REQUIRED ACTION
Your task is to find every line of the data that holds the string "wrote" and copy it.

Collected data entries

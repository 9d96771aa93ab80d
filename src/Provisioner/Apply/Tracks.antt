-- ===== src/Provisioner/Apply/Tracks.antt =====
-- Whether the actions of Apply on applications modify the provisioner's state: `stateModified`.
use apprun_dedicated_provisi.Base.{
  ℤ, String, Bool, true, false, List, [], ◌∷◌, ◌≡◌, refl, ◌∙◌, inl, inr, Option-cases, string_eq,
}
use apprun_dedicated_provisi.Base.Dict.{Dict, lookup}
use apprun_dedicated_provisi.Result.{wrapped}
use apprun_dedicated_provisi.Config.{ApplicationConfig}
use apprun_dedicated_provisi.Api.{Uuid, ReadApplicationDetail}
use apprun_dedicated_provisi.State.{State}
use apprun_dedicated_provisi.Version.{state_after_create, state_after_update}
use apprun_dedicated_provisi.Version.Secrets.{
  state_after_create_unmodified, state_after_update_unmodified,
}
use apprun_dedicated_provisi.Platform.{
  Platform, Call, Env, Action, Outcome, ok, fail, no_fuel, create_application, update_application,
  create_version, pure, continue, read_state, write_state, on_error, raise, ◌>>=◌, ◌>>◌,
}
use apprun_dedicated_provisi.Platform.Traces.{
  reading, Does, Does-pure, Does-call, Does-bind, Does-on_error,
}
use apprun_dedicated_provisi.Provisioner.Listing.Reads.{get_latest_version-Does}
use apprun_dedicated_provisi.Provisioner.Plan.{ActionType, PlannedAction, create, update, noop}
use apprun_dedicated_provisi.Provisioner.Apply.{
  activate_if, create_app, update_app, store, apply_action, apply_actions,
}

abbrev pub Any : Call → Type 0
Any c = Unit

-- Where an action returns that nothing was modified, it was not before, and the state is as before.
abbrev pub Tracks : {P : Platform} → Bool → State → Outcome Bool × Env P → Type 0
Tracks modified s out = out.0 ≡ ok false → (modified ≡ false) × (out.1.state ≡ s)

module _ {P : Platform} where
  continue-Tracks :
      {A : Type 0} (f : A → Action P Bool) (modified : Bool) (s : State) (out : Outcome A × Env P)
      → out.1.state ≡ s
      → ((a : A) (env : Env P) → Tracks modified env.state (f a env))
      → Tracks modified s (continue out f)
  unfolding continue
  continue-Tracks f modified s (ok a, env) same h returns =
      let (kept, later) = h a env returns in (kept, later ∙ same)
  continue-Tracks f modified s (fail e, env) same h returns = cc
  continue-Tracks f modified s (no_fuel, env) same h returns = cc

  next-Tracks :
      (f : Bool → Action P Bool) (modified : Bool) (s : State) (out : Outcome Bool × Env P)
      → Tracks modified s out
      → ((b : Bool) (env : Env P) → Tracks b env.state (f b env))
      → Tracks modified s (continue out f)
  unfolding continue
  next-Tracks f modified s (ok false, env) first h returns =
      let (kept, same) = first refl in (kept, (h false env returns).1 ∙ same)
  next-Tracks f modified s (ok true, env) first h returns =
      let (never, same) = h true env returns in cc
  next-Tracks f modified s (fail e, env) first h returns = cc
  next-Tracks f modified s (no_fuel, env) first h returns = cc

module _ (P : Platform) (cluster : Uuid) where
  activate_if-Does :
      (activate : Bool) (app : Uuid) (version : ℤ)
      → Does reading Any (activate_if P cluster activate app version)
  unfolding activate_if
  activate_if-Does false app version = Does-pure tt
  activate_if-Does true app version = Does-on_error _ (Does-call (update_application app _) tt)

  create_app-Does :
      (activate : Bool) (app : ApplicationConfig)
      → Does reading Any (create_app P cluster activate app)
  unfolding create_app
  create_app-Does activate app =
      Does-bind (Does-on_error _ (Does-call (create_application app.name cluster) tt)) (λ id.
        Does-bind (Does-on_error _ (Does-call (create_version id _) tt))
          (λ version. activate_if-Does activate id version))

  update_app-Does :
      (activate : Bool) (existing : ReadApplicationDetail) (app : ApplicationConfig)
      → Does reading Any (update_app P cluster activate existing app)
  unfolding update_app
  update_app-Does activate existing app =
      Does-bind
        (Does-on_error _ (get_latest_version-Does P existing.application_id (λ _. tt) (λ _. tt)))
        (λ latest.
          Does-bind (Does-on_error _ (Does-call (create_version existing.application_id _) tt))
            (λ version. activate_if-Does activate existing.application_id version))

  store-Tracks :
      (f : State → State × Bool)
      → ((s : State) → (f s).1 ≡ false → (f s).0 ≡ s)
      → (modified : Bool) (env : Env P) → Tracks modified env.state (store P cluster f modified env)
  unfolding store read_state write_state pure ◌>>=◌ ◌>>◌ continue
  store-Tracks f unmodified false env returns = (refl, unmodified env.state cc)
  store-Tracks f unmodified true env returns = cc

  -- One case of the switch over the planned action.
  stored :
      (m : Action P (Unit {0})) (text : String) (f : State → State × Bool)
      → Does reading Any m
      → ((s : State) → (f s).1 ≡ false → (f s).0 ≡ s)
      → (modified : Bool) (env : Env P)
      → Tracks modified env.state ((on_error (wrapped text) m >> store P cluster f modified) env)
  unfolding ◌>>◌ ◌>>=◌
  stored m text f d unmodified modified env =
      let kept : Does reading Any (on_error (wrapped text) m) = Does-on_error _ d in
      continue-Tracks (λ u. store P cluster f modified) modified env.state
        (on_error (wrapped text) m env) (kept.at env).same
        (λ u env'. store-Tracks f unmodified modified env')

  apply_action-Tracks :
      (activate : Bool) (existing : Dict String ReadApplicationDetail) (a : PlannedAction)
      (app : ApplicationConfig) (modified : Bool) (env : Env P)
      → Tracks modified env.state (apply_action P cluster activate existing a app modified env)
  unfolding apply_action raise pure
  apply_action-Tracks activate existing a app modified env = case_of a.action
    where
      case_of :
          (t : ActionType)
          → Tracks modified env.state
              (apply_action P cluster activate existing (record a { action = t }) app modified env)
      case_of create =
          stored (create_app P cluster activate app) _ (state_after_create app)
            (create_app-Does activate app) (state_after_create_unmodified app) modified env
      case_of update = elim (Option-cases (lookup a.application_name existing)) [
        | inl missing ↦ rw (missing, apply_action) (λ returns. cc)
        | inr (e, there) ↦
            rw (there, apply_action)
              (stored (update_app P cluster activate e app) _ (state_after_update app)
                (update_app-Does activate e app) (state_after_update_unmodified app) modified env)
      ]
      case_of noop = λ returns. (cc, refl)

  pub apply_actions-Tracks :
      (activate : Bool) (existing : Dict String ReadApplicationDetail)
      (configs : Dict String ApplicationConfig) (actions : List PlannedAction) (modified : Bool)
      (env : Env P)
      → Tracks modified env.state
          (apply_actions P cluster activate existing configs actions modified env)
  unfolding apply_actions pure ◌>>=◌ continue
  apply_actions-Tracks activate existing configs [] modified env = λ returns. (cc, refl)
  apply_actions-Tracks activate existing configs (a ∷ rest) modified env =
      elim (Option-cases (lookup a.application_name configs)) [
        | inl missing ↦
            rw (missing, apply_actions)
              (apply_actions-Tracks activate existing configs rest modified env)
        | inr (app, there) ↦
            rw (there, apply_actions)
              (next-Tracks (λ b. apply_actions P cluster activate existing configs rest b) modified
                env.state (apply_action P cluster activate existing a app modified env)
                (apply_action-Tracks activate existing a app modified env)
                (λ b env'. apply_actions-Tracks activate existing configs rest b env'))
      ]
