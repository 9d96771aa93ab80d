-- ===== src/Provisioner/Apply/Saves.antt =====
-- The state file of Apply: what it holds when Apply returns.
use apprun_dedicated_provisi.Base.{
  String, Bool, true, false, List, [], ◌∷◌, ◌++◌, ◌≡◌, refl, sym, ap, ◌∙◌, ◌⊎◌, inl, inr, All,
  string_eq,
}
use apprun_dedicated_provisi.Result.{Error, wrapped}
use apprun_dedicated_provisi.Config.{ClusterConfig}
use apprun_dedicated_provisi.Api.{Uuid}
use apprun_dedicated_provisi.State.{State}
use apprun_dedicated_provisi.Platform.{
  Platform, Call, Env, Action, Outcome, ok, fail, no_fuel, save_state, pure, continue, rewritten,
  read_state, on_error, call, ◌>>=◌, ◌>>◌,
}
use apprun_dedicated_provisi.Platform.Traces.{reading, Does, Does-on_error}
use apprun_dedicated_provisi.Provisioner.Listing.Reads.{
  list_all_asgs-Does, list_all_applications-Does,
}
use apprun_dedicated_provisi.Provisioner.Plan.{ExecutionPlan}
use apprun_dedicated_provisi.Provisioner.Apply.{save_if, apply_applications, apply}
use apprun_dedicated_provisi.Provisioner.Apply.Calls.{
  Suffices, delete_lbs-Does, wait_lbs-Does, delete_asgs-Does, create_asgs-Does, create_lbs-Does,
}
use apprun_dedicated_provisi.Provisioner.Apply.Tracks.{Any, Tracks, apply_actions-Tracks}

-- If an action returns, the provisioner's state is `s`, or the last call wrote the state to the file.
abbrev pub IsSaved : {P : Platform} → String → State → Outcome (Unit {0}) × Env P → Type 0
IsSaved path s out =
    out.0 ≡ ok tt
    → (out.1.state ≡ s)
      ⊎ ((before : List Call) × (out.1.trace ≡ before ++ (save_state path out.1.state ∷ [])))

-- Whatever an action of the plan asks for is some call.
every : {X : Type 0} (Q : X → Call → Type 0) (xs : List X) → All (Suffices Q Any) xs
every Q [] = tt
every Q (x ∷ xs) = ((λ c h. tt), every Q xs)

module _ {P : Platform} where
  module _ {A : Type 0} (f : A → Action P (Unit {0})) (path : String) where
    continue-IsSaved :
        (s : State) (out : Outcome A × Env P)
        → out.1.state ≡ s
        → ((a : A) (env : Env P) → IsSaved path env.state (f a env))
        → IsSaved path s (continue out f)
    unfolding continue
    continue-IsSaved s (ok a, env) same h returns = elim (h a env returns) [
      | inl kept ↦ inl (kept ∙ same)
      | inr saved ↦ inr saved
    ]
    continue-IsSaved s (fail e, env) same h returns = cc
    continue-IsSaved s (no_fuel, env) same h returns = cc

    -- An action that keeps the state, and then one that saves it.
    after_reading :
        {m : Action P A}
        → Does reading Any m
        → ((a : A) (env : Env P) → IsSaved path env.state (f a env))
        → (env : Env P) → IsSaved path env.state ((m >>= f) env)
    unfolding ◌>>=◌
    after_reading {m = m} d h env = continue-IsSaved env.state (m env) (d.at env).same h

  rewritten_env :
      {A : Type 0} (f : Error → Error) (out : Outcome A × Env P) → (rewritten f out).1 ≡ out.1
  unfolding rewritten
  rewritten_env f (ok a, env) = refl
  rewritten_env f (fail e, env) = refl
  rewritten_env f (no_fuel, env) = refl

module _ (P : Platform) (cluster : Uuid) where
  save_if-saves :
      (path : String) (env : Env P)
      → let out = save_if P cluster path true env in
        (before : List Call) × (out.1.trace ≡ before ++ (save_state path out.1.state ∷ []))
  unfolding save_if read_state ◌>>=◌ continue on_error call
  save_if-saves path env =
      let s = env.state in
      let text = wrapped "failed to save state file" in
      let asked = call (save_state path s) env in
      let same : (on_error text (call (save_state path s)) env).1 ≡ asked.1 =
        rewritten_env text asked in
      (
        env.trace,
        ap (λ (e : Env P). e.trace) same
            ∙ ap (λ (t : State). env.trace ++ (save_state path t ∷ []))
                (sym (ap (λ (e : Env P). e.state) same)),
      )

  -- What follows the actions: the state file, if something was modified.
  save_if-IsSaved :
      (path : String) (s : State) (out : Outcome Bool × Env P)
      → Tracks false s out
      → IsSaved path s (continue out (λ modified. save_if P cluster path modified))
  unfolding continue save_if pure
  save_if-IsSaved path s (ok true, env) tracked returns = inr (save_if-saves path env)
  save_if-IsSaved path s (ok false, env) tracked returns = inl (tracked refl).1
  save_if-IsSaved path s (fail e, env) tracked returns = cc
  save_if-IsSaved path s (no_fuel, env) tracked returns = cc

module _ (P : Platform) where
  apply_applications-IsSaved :
      (path : String) (activate : Bool) (cfg : ClusterConfig) (plan : ExecutionPlan) (env : Env P)
      → IsSaved path env.state (apply_applications P path activate cfg plan env)
  unfolding apply_applications
  apply_applications-IsSaved path activate cfg plan =
      let cluster = plan.cluster_id in
      after_reading _ path (Does-on_error _ (list_all_applications-Does P cluster (λ cursor. tt)))
        (λ existing env.
          unfold ◌>>=◌ in
          save_if-IsSaved P cluster path env.state _
            (apply_actions-Tracks P cluster activate _ _ plan.actions false env))

  -- Whatever the service answers: if Apply returns without an error, the provisioner's state is as it
  -- was, or the last call wrote to the state file the state that the provisioner then has.
  pub apply-IsSaved :
      (path : String) (activate : Bool) (cfg : ClusterConfig) (plan : ExecutionPlan) (env : Env P)
      → IsSaved path env.state (apply P path activate cfg plan env)
  unfolding apply ◌>>◌
  apply-IsSaved path activate cfg plan =
      let cluster = plan.cluster_id in
      after_reading _ path (Does-on_error _ (list_all_asgs-Does P cluster (λ cursor. tt)))
        (λ current.
          after_reading _ path (delete_lbs-Does P cluster plan.lb_actions [] (every _ _))
            (λ waiting. after_reading _ path (wait_lbs-Does P cluster waiting (λ c h. tt)) (λ _.
              after_reading _ path (delete_asgs-Does P cluster plan.asg_actions _ (every _ _))
                (λ kept.
                  after_reading _ path
                    (create_asgs-Does P cluster cfg.auto_scaling_groups plan.asg_actions kept
                      (every _ _))
                    (λ ids.
                      after_reading _ path
                        (create_lbs-Does P cluster cfg.load_balancers ids plan.lb_actions
                          (every _ _))
                        (λ _. apply_applications-IsSaved path activate cfg plan))))))
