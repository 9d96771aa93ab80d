-- ===== src/Provisioner/AsgPlan/Laws.antt =====
-- What the planned actions on groups are.
use apprun_dedicated_provisi.Base.{
  String, Bool, true, false, none, some, List, [], ◌∷◌, map, ◌≡◌, ◌≢◌, refl, ◌↔◌, inl, inr,
  Option-cases, All, All-append, All-unappend, All-concat_map, All-map_every, All-iff, string_eq,
}
use apprun_dedicated_provisi.Base.Dict.{Dict, RangeOrder, IsShuffle, lookup, index_by}
use apprun_dedicated_provisi.Config.{AutoScalingGroupConfig}
use apprun_dedicated_provisi.Api.{ReadAutoScalingGroupDetail}
use apprun_dedicated_provisi.Asg.{compare_asg}
use apprun_dedicated_provisi.Asg.Laws.{SameSettings, compare_asg_iff}
use apprun_dedicated_provisi.Provisioner.AsgPlan.{
  AsgAction, AsgActionType, delete, recreate, noop, skip, asg_name, compared, plan_asg, skip_asg,
  plan_asgs,
}

-- Nothing to do for the action.
abbrev pub is_quiet : AsgActionType → Bool
is_quiet noop = true
is_quiet skip = true
is_quiet _ = false

abbrev pub IsQuiet : AsgAction → Type 0
IsQuiet a = is_quiet a.action ≡ true

-- What Apply relies on: no plain deletion, and a recreation has the identifier of the group that stands
-- under its name.
pub record IsSound (current : Dict String ReadAutoScalingGroupDetail) (a : AsgAction) : Type 0 where
  pub no_delete : a.action ≢ delete
  pub recreates :
      a.action ≡ recreate
      → (c : ReadAutoScalingGroupDetail) × (lookup a.name current ≡ some c)
        × (a.existing_id ≡ some c.auto_scaling_group_id)

module _ (range : RangeOrder) where
  compared-IsSound :
      (current : Dict String ReadAutoScalingGroupDetail) (c : ReadAutoScalingGroupDetail)
      (d : AutoScalingGroupConfig) (changes : List String)
      → lookup d.name current ≡ some c
      → IsSound current (compared range c d changes)
  unfolding compared
  compared-IsSound current c d [] found = record { no_delete = λ p. cc; recreates = λ p. cc }
  compared-IsSound current c d (line ∷ changes) found = record {
    no_delete = λ p. cc;
    recreates = λ p. (c, found, refl);
  }

  plan_asg-IsSound :
      (current : Dict String ReadAutoScalingGroupDetail) (d : AutoScalingGroupConfig)
      → IsSound current (plan_asg range current d)
  unfolding plan_asg
  plan_asg-IsSound current d = elim (Option-cases (lookup d.name current)) [
    | inl missing ↦ rw (missing, plan_asg) (record { no_delete = λ p. cc; recreates = λ p. cc })
    | inr (c, found) ↦
        rw (found, plan_asg) (compared-IsSound current c d (compare_asg range c d) found)
  ]

  skip_asg-All :
      (P : AsgAction → Type 0)
      → ((name : String)
          → P (record {
            action = skip;
            name = name;
            changes = "not in YAML, skipping" ∷ [];
            existing_id = none;
          }))
      → (desired : Dict String AutoScalingGroupConfig) (entry : String × ReadAutoScalingGroupDetail)
      → All P (skip_asg range desired entry)
  unfolding skip_asg
  skip_asg-All P h desired (name, asg) = elim (Option-cases (lookup name desired)) [
    | inl missing ↦ rw (missing, skip_asg) (h name, tt)
    | inr (d, found) ↦ rw (found, skip_asg) tt
  ]

  -- In whatever order maps are visited: no planned action on a group deletes it for good, and each
  -- that recreates a group has the identifier of the group that is listed under its name, the last one
  -- where several are.
  pub plan_asgs-IsSound :
      (current : List ReadAutoScalingGroupDetail) (desired : List AutoScalingGroupConfig)
      → All (IsSound (index_by asg_name current)) (plan_asgs range current desired)
  unfolding plan_asgs
  plan_asgs-IsSound current desired =
      let Sound : AsgAction → Type 0 = IsSound (index_by asg_name current) in
      All-append Sound (map (plan_asg range (index_by asg_name current)) desired) _
        (All-map_every Sound _ desired (plan_asg-IsSound (index_by asg_name current)))
        (All-concat_map Sound _ _
          (skip_asg-All Sound (λ name. record { no_delete = λ p. cc; recreates = λ p. cc }) _))

  module _ (shuffle : IsShuffle range) where
    -- The listed group of the name has the configured settings.
    abbrev pub UpToDate : List ReadAutoScalingGroupDetail → AutoScalingGroupConfig → Type 0
    UpToDate current d =
        (c : ReadAutoScalingGroupDetail) × (lookup d.name (index_by asg_name current) ≡ some c)
        × SameSettings c d

    compared-IsQuiet :
        (c : ReadAutoScalingGroupDetail) (d : AutoScalingGroupConfig) (changes : List String)
        → IsQuiet (compared range c d changes) ↔ (changes ≡ [])
    unfolding compared
    compared-IsQuiet c d [] = (λ p. refl, λ p. refl)
    compared-IsQuiet c d (line ∷ changes) = (λ p. cc, λ p. cc)

    plan_asg-IsQuiet :
        (current : List ReadAutoScalingGroupDetail) (d : AutoScalingGroupConfig)
        → IsQuiet (plan_asg range (index_by asg_name current) d) ↔ UpToDate current d
    unfolding plan_asg
    plan_asg-IsQuiet current d = (
      (λ p. elim (Option-cases (lookup d.name (index_by asg_name current))) [
        | inl missing ↦ cc (rw (missing, plan_asg) at p)
        | inr (c, found) ↦ (
          c,
          found,
          (compare_asg_iff range shuffle c d).0
              ((compared-IsQuiet c d (compare_asg range c d)).0 (rw (found, plan_asg) at p)),
        )
      ]),
      (λ (c, found, same).
          rw (found, plan_asg)
            ((compared-IsQuiet c d (compare_asg range c d)).1
              ((compare_asg_iff range shuffle c d).1 same))),
    )

    -- In whatever order maps are visited: the plan has nothing to do for groups, that is all its
    -- actions are no-ops or skips, exactly when every configured group is listed under its name with
    -- the configured settings.
    pub plan_asgs-IsQuiet_iff :
        (current : List ReadAutoScalingGroupDetail) (desired : List AutoScalingGroupConfig)
        → All IsQuiet (plan_asgs range current desired) ↔ All (UpToDate current) desired
    unfolding plan_asgs
    plan_asgs-IsQuiet_iff current desired =
        let each =
          All-iff IsQuiet (UpToDate current) (plan_asg range (index_by asg_name current)) desired
            (plan_asg-IsQuiet current) in
        (
          (λ all. each.0 (All-unappend IsQuiet _ _ all)),
          (λ all.
              All-append IsQuiet _ _ (each.1 all)
                (All-concat_map IsQuiet _ _ (skip_asg-All IsQuiet (λ name. refl) _))),
        )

SOLUTION TO THIS PROBLEM
-- If an action returns, the provisioner's state is `s`, or the last call wrote the state to the file.
  -- was, or the last call wrote to the state file the state that the provisioner then has.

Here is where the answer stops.